## DATA RECORDS

-- ===== src/State/Solver/Heard.antt =====
-- Whom the solver lets us hear
-- (addon/extensions/task_force_radio_pipe/src/State.cpp: computeAudibleUnits).
use task_force_radio_standal.Base.{
  ltb, if◌then◌else◌, Option-cases, if_keeps, All, All-append, any, Text, codes, is_empty, text_eq,
  text_eq_refl, text_is_eq, ℕ, ◌-◌, ◌≡◌, refl, inl, inr, Bool, true, false, not, ◌&&◌, ◌||◌, Option,
  none, some, List, [], ◌∷◌, ◌++◌,
}
use task_force_radio_standal.Base.Map.{Map, lookup}
use task_force_radio_standal.Float.{Float}
use task_force_radio_standal.Geometry.{zero_f, no_antenna_loss, is_null}
use task_force_radio_standal.State.Data.{RemoteClient, SpeakerData, RemoteTx, AudibleUnit, State}
use task_force_radio_standal.State.Parse.{subtype_to_fx}
use task_force_radio_standal.State.Queries.{kclient_expiry, uid_for, config_bool}
use task_force_radio_standal.State.WellFormed.{IsWellFormed}
use task_force_radio_standal.State.Solver.{effective_distance, antenna_loss}
use task_force_radio_standal.State.Solver.Paths.{
  Scene, scene, if_audible, receiving_radio, earpiece_unit, radio_paths, speaker_place,
  speaker_unit, speaker_paths,
}
use task_force_radio_standal.State.Solver.Snapshot.{
  current_tx, transmission_paths, intercom_paths, direct_paths, client_paths, is_listed, all_paths,
  finish, finish_all, world_paths, compute_audible_units,
}

All-imp {ℓ κ μ} :
    {A : Type ℓ} {P : A → Type κ} {Q : A → Type μ} (xs : List A)
    → ((x : A) → P x → Q x)
    → All P xs
    → All Q xs
All-imp [] f h = tt
All-imp (x ∷ xs) f h = (f x h.0, All-imp xs f h.1)

pub both_true : (a b : Bool) → a && b ≡ true → (a ≡ true) × (b ≡ true)
both_true true b h = (refl, h)
both_true false b h = cc

is_denied : (a : Bool) → not a ≡ true → a ≡ false
is_denied true h = cc
is_denied false h = refl

module _ (fl : Float) where
  abbrev IsOf : Text → AudibleUnit fl → Type 0
  IsOf name unit = unit.nickname ≡ name

  AreOf : Text → List (AudibleUnit fl) → Type 0
  AreOf name = All (IsOf name)

  AreOf-if_audible :
      (name : Text) (unit : AudibleUnit fl) → unit.nickname ≡ name → AreOf name (if_audible fl unit)
  unfolding AreOf
  AreOf-if_audible name unit h =
      if_keeps (AreOf name) (fl.lt (zero_f fl) unit.gain) (λ _. (h, tt)) (λ _. tt)

  AreOf-if :
      (name : Text) (b : Bool) (unit : AudibleUnit fl)
      → unit.nickname ≡ name
      → AreOf name (if b then if_audible fl unit else [])
  unfolding AreOf
  AreOf-if name true unit h = AreOf-if_audible name unit h
  AreOf-if name false unit h = tt

  AreOf-speaker_paths :
      (v : Scene fl) (tx : RemoteTx fl) (effective loss : fl.F) (s : State fl)
      (speakers : List (SpeakerData fl))
      → AreOf v.other.nickname (speaker_paths fl v tx effective loss s speakers)
  unfolding speaker_paths speaker_unit AreOf
  AreOf-speaker_paths v tx effective loss s [] = tt
  AreOf-speaker_paths v tx effective loss s (box ∷ speakers) =
      let rest = AreOf-speaker_paths v tx effective loss s speakers in
      if_keeps (AreOf v.other.nickname)
        (text_eq box.owner_nickname v.other.nickname
          || not (any (λ f. text_eq f tx.frequency) box.frequencies))
        (λ _. rest)
        (λ _.
          elim (speaker_place fl v box s)
            as (λ o. AreOf v.other.nickname (elim o [
              | none ↦ speaker_paths fl v tx effective loss s speakers
              | some place ↦
                  if is_null fl place || fl.lt place.z (zero_f fl)
                  then speaker_paths fl v tx effective loss s speakers
                  else if_audible fl (speaker_unit fl v tx effective loss box place s)
                    ++ speaker_paths fl v tx effective loss s speakers
            ])) [
              | none ↦ rest
              | some place ↦
                  if_keeps (AreOf v.other.nickname) (is_null fl place || fl.lt place.z (zero_f fl))
                    (λ _. rest)
                    (λ _.
                      All-append (IsOf v.other.nickname) _ _
                        (AreOf-if_audible v.other.nickname
                          (speaker_unit fl v tx effective loss box place s) refl)
                        rest)
            ])

  AreOf-radio_paths :
      (v : Scene fl) (tx : RemoteTx fl) (effective loss : fl.F) (s : State fl)
      → AreOf v.other.nickname (radio_paths fl v tx effective loss s).0
  unfolding radio_paths AreOf earpiece_unit
  AreOf-radio_paths v tx effective loss s =
      let under = fl.lt v.his_pos.z (zero_f fl) && not v.other.can_use_sw in
      elim (Option-cases (receiving_radio fl v tx s)) [
        | inl e ↦ rw (e, radio_paths) tt
        | inr ((f, via_lr), e) ↦ elim (Option-cases (subtype_to_fx tx.subtype under)) [
          | inl e' ↦ rw (e, radio_paths) (rw e' tt)
          | inr (fx, e') ↦
              rw (e, radio_paths)
                (rw e' (
                  AreOf-if_audible v.other.nickname (earpiece_unit fl v tx effective loss f fx s)
                    refl))
        ]
      ]

  AreOf-transmission_paths :
      (v : Scene fl) (tx : RemoteTx fl) (s : State fl)
      → AreOf v.other.nickname (transmission_paths fl v tx s).0
  unfolding transmission_paths AreOf
  AreOf-transmission_paths v tx s =
      let effective = effective_distance fl v.my_pos v.other v.now s in
      let loss = antenna_loss fl v.his_pos tx.range v.my_pos s in
      if_keeps {A = List (AudibleUnit fl) × Bool} (λ r. AreOf v.other.nickname r.0)
        ((fl.lt (zero_f fl) tx.range && fl.le effective tx.range)
          || fl.lt loss (no_antenna_loss fl))
        (λ _.
          All-append (IsOf v.other.nickname) _ _ (AreOf-radio_paths v tx effective loss s)
            (AreOf-speaker_paths v tx effective loss s s.speakers))
        (λ _. tt)

  AreOf-intercom_paths :
      (v : Scene fl) (transmits : Bool) (s : State fl)
      → AreOf v.other.nickname (intercom_paths fl v transmits s)
  unfolding intercom_paths
  AreOf-intercom_paths v transmits s = AreOf-if v.other.nickname _ _ refl

  AreOf-direct_paths : (v : Scene fl) (s : State fl) → AreOf v.other.nickname (direct_paths fl v s)
  unfolding direct_paths
  AreOf-direct_paths v s = AreOf-if v.other.nickname _ _ refl

  AreOf-told :
      (v : Scene fl) (s : State fl) (o : Option (RemoteTx fl))
      → AreOf v.other.nickname
          (elim o as (λ x. List (AudibleUnit fl) × Bool) [
            | none ↦ ([], false)
            | some t ↦ if v.other.is_spectating then ([], false) else transmission_paths fl v t s
          ]).0
  unfolding AreOf
  AreOf-told v s none = tt
  AreOf-told v s (some t) =
      if_keeps {A = List (AudibleUnit fl) × Bool} (λ r. AreOf v.other.nickname r.0)
        v.other.is_spectating (λ _. tt) (λ _. AreOf-transmission_paths v t s)

  AreOf-client_paths :
      (v : Scene fl) (s : State fl) → AreOf v.other.nickname (client_paths fl v s).0
  unfolding client_paths AreOf
  AreOf-client_paths v s =
      let name = v.other.nickname in
      if_keeps {A = List (AudibleUnit fl) × Bool} (λ r. AreOf name r.0)
        (v.me.is_spectating && v.other.is_spectating)
        (λ _.
          if_keeps (AreOf name) (config_bool fl (codes "muteSpectators") false s) (λ _. tt)
            (λ _. (refl, tt)))
        (λ _.
          All-append (IsOf name) _ _
            (All-append (IsOf name) _ _ (AreOf-told v s (current_tx fl name v.now s))
              (AreOf-intercom_paths v _ s))
            (AreOf-direct_paths v s))

  -- A client of that name that has been heard of in time.
  abbrev pub is_fresh : ℕ → Text → Text × RemoteClient fl → Bool
  is_fresh now name e = text_eq e.1.nickname name && ltb (now - e.1.last_update) kclient_expiry

  abbrev IsHeard : ℕ → State fl → Map Text (RemoteClient fl) → AudibleUnit fl → Type 0
  IsHeard now s clients unit =
      (text_eq unit.nickname s.my_nickname ≡ false)
      × (any (is_fresh now unit.nickname) clients ≡ true)

  IsHeard-listed :
      (now : ℕ) (s : State fl) (name : Text) (other : RemoteClient fl)
      (clients : Map Text (RemoteClient fl)) (unit : AudibleUnit fl)
      → is_listed fl now other s ≡ true
      → IsOf other.nickname unit
      → IsHeard now s ((name, other) ∷ clients) unit
  unfolding is_listed
  IsHeard-listed now s name other clients unit listed of_other =
      let (alien, fresh) = both_true (not (text_eq other.nickname s.my_nickname)) _ listed in
      let fresh_self : is_fresh now other.nickname (name, other) ≡ true =
        rw (text_eq_refl other.nickname, fresh) refl in
      rw of_other (is_denied _ alien, rw (any, fresh_self) refl)

  any_rest : (b rest : Bool) → rest ≡ true → elim b [ true ↦ true | false ↦ rest ] ≡ true
  any_rest true rest h = refl
  any_rest false rest h = h

  all_paths-IsHeard :
      (now : ℕ) (me : RemoteClient fl) (s : State fl) (clients : Map Text (RemoteClient fl))
      → All (IsHeard now s clients) (all_paths fl now me s clients).0
  unfolding all_paths AreOf
  all_paths-IsHeard now me s [] = tt
  all_paths-IsHeard now me s ((name, other) ∷ clients) =
      let rest =
        All-imp (all_paths fl now me s clients).0
          (λ u h. (h.0, any_rest (is_fresh now u.nickname (name, other)) _ h.1))
          (all_paths-IsHeard now me s clients) in
      if_keeps {A = List (AudibleUnit fl) × Bool}
        (λ r. All (IsHeard now s ((name, other) ∷ clients)) r.0) (is_listed fl now other s)
        (λ listed.
          All-append (IsHeard now s ((name, other) ∷ clients)) _ _
            (All-imp (client_paths fl (scene fl now me other s) s).0
              (λ u h. IsHeard-listed now s name other clients u listed h)
              (AreOf-client_paths (scene fl now me other s) s))
            rest)
        (λ _. rest)

  -- A tick's run of the solver keeps the state well formed.
  pub compute_audible_units-IsWellFormed :
      (now : ℕ) (s : State fl)
      → IsWellFormed fl s
      → IsWellFormed fl (compute_audible_units fl now s).1
  unfolding compute_audible_units
  compute_audible_units-IsWellFormed now s h = assumption

  -- A row of the snapshot: whom it tells of, and under which name of the voice client.
  pub IsRow : ℕ → State fl → AudibleUnit fl → Type 0
  IsRow now s unit = IsHeard now s s.clients unit × (unit.uid ≡ uid_for fl unit.nickname s)

  finish_all-IsRow :
      (now : ℕ) (s : State fl) (units : List (AudibleUnit fl))
      → All (IsHeard now s s.clients) units
      → All (IsRow now s) (finish_all fl s units)
  unfolding finish_all finish IsRow
  finish_all-IsRow now s [] h = tt
  finish_all-IsRow now s (unit ∷ units) h = ((h.0, refl), finish_all-IsRow now s units h.1)

  world_paths-IsHeard :
      (now : ℕ) (s : State fl) → All (IsHeard now s s.clients) (world_paths fl now s).0
  unfolding world_paths
  world_paths-IsHeard now s =
      if_keeps {A = List (AudibleUnit fl) × Bool} (λ r. All (IsHeard now s s.clients) r.0)
        (is_empty s.my_nickname) (λ _. tt)
        (λ _.
          elim (lookup s.my_nickname s.clients)
            as (λ o.
              All (IsHeard now s s.clients)
                (elim o as (λ x. List (AudibleUnit fl) × Bool) [
                  | none ↦ ([], false)
                  | some me ↦
                      if ltb (now - me.last_update) kclient_expiry
                      then all_paths fl now me s s.clients
                      else ([], false)
                ]).0) [
                  | none ↦ tt
                  | some me ↦
                      if_keeps {A = List (AudibleUnit fl) × Bool}
                        (λ r. All (IsHeard now s s.clients) r.0)
                        (ltb (now - me.last_update) kclient_expiry)
                        (λ _. all_paths-IsHeard now me s s.clients) (λ _. tt)
                ])

  -- Every row of a tick's snapshot tells of a client that is not ourselves and that was heard of
  -- within the expiry of clients, and it carries the voice client's name for that nickname.
  pub compute_audible_units-IsRow :
      (now : ℕ) (s : State fl) → All (IsRow now s) (compute_audible_units fl now s).0
  unfolding compute_audible_units
  compute_audible_units-IsRow now s =
      finish_all-IsRow now s (world_paths fl now s).0 (world_paths-IsHeard now s)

## REQUIRED WORK
Please output the lines of the listing above that fall in the stretch from the one with "(now : ℕ) (s : State fl) → All (IsHeard" through the one with "then all_paths fl", exactly and only those.

## ANSWER BOX
      (now : ℕ) (s : State fl) → All (IsHeard now s s.clients) (world_paths fl now s).0
  unfolding world_paths
  world_paths-IsHeard now s =
      if_keeps {A = List (AudibleUnit fl) × Bool} (λ r. All (IsHeard now s s.clients) r.0)
        (is_empty s.my_nickname) (λ _. tt)
        (λ _.
          elim (lookup s.my_nickname s.clients)
            as (λ o.
              All (IsHeard now s s.clients)
                (elim o as (λ x. List (AudibleUnit fl) × Bool) [
                  | none ↦ ([], false)
                  | some me ↦
                      if ltb (now - me.last_update) kclient_expiry
                      then all_paths fl now me s s.clients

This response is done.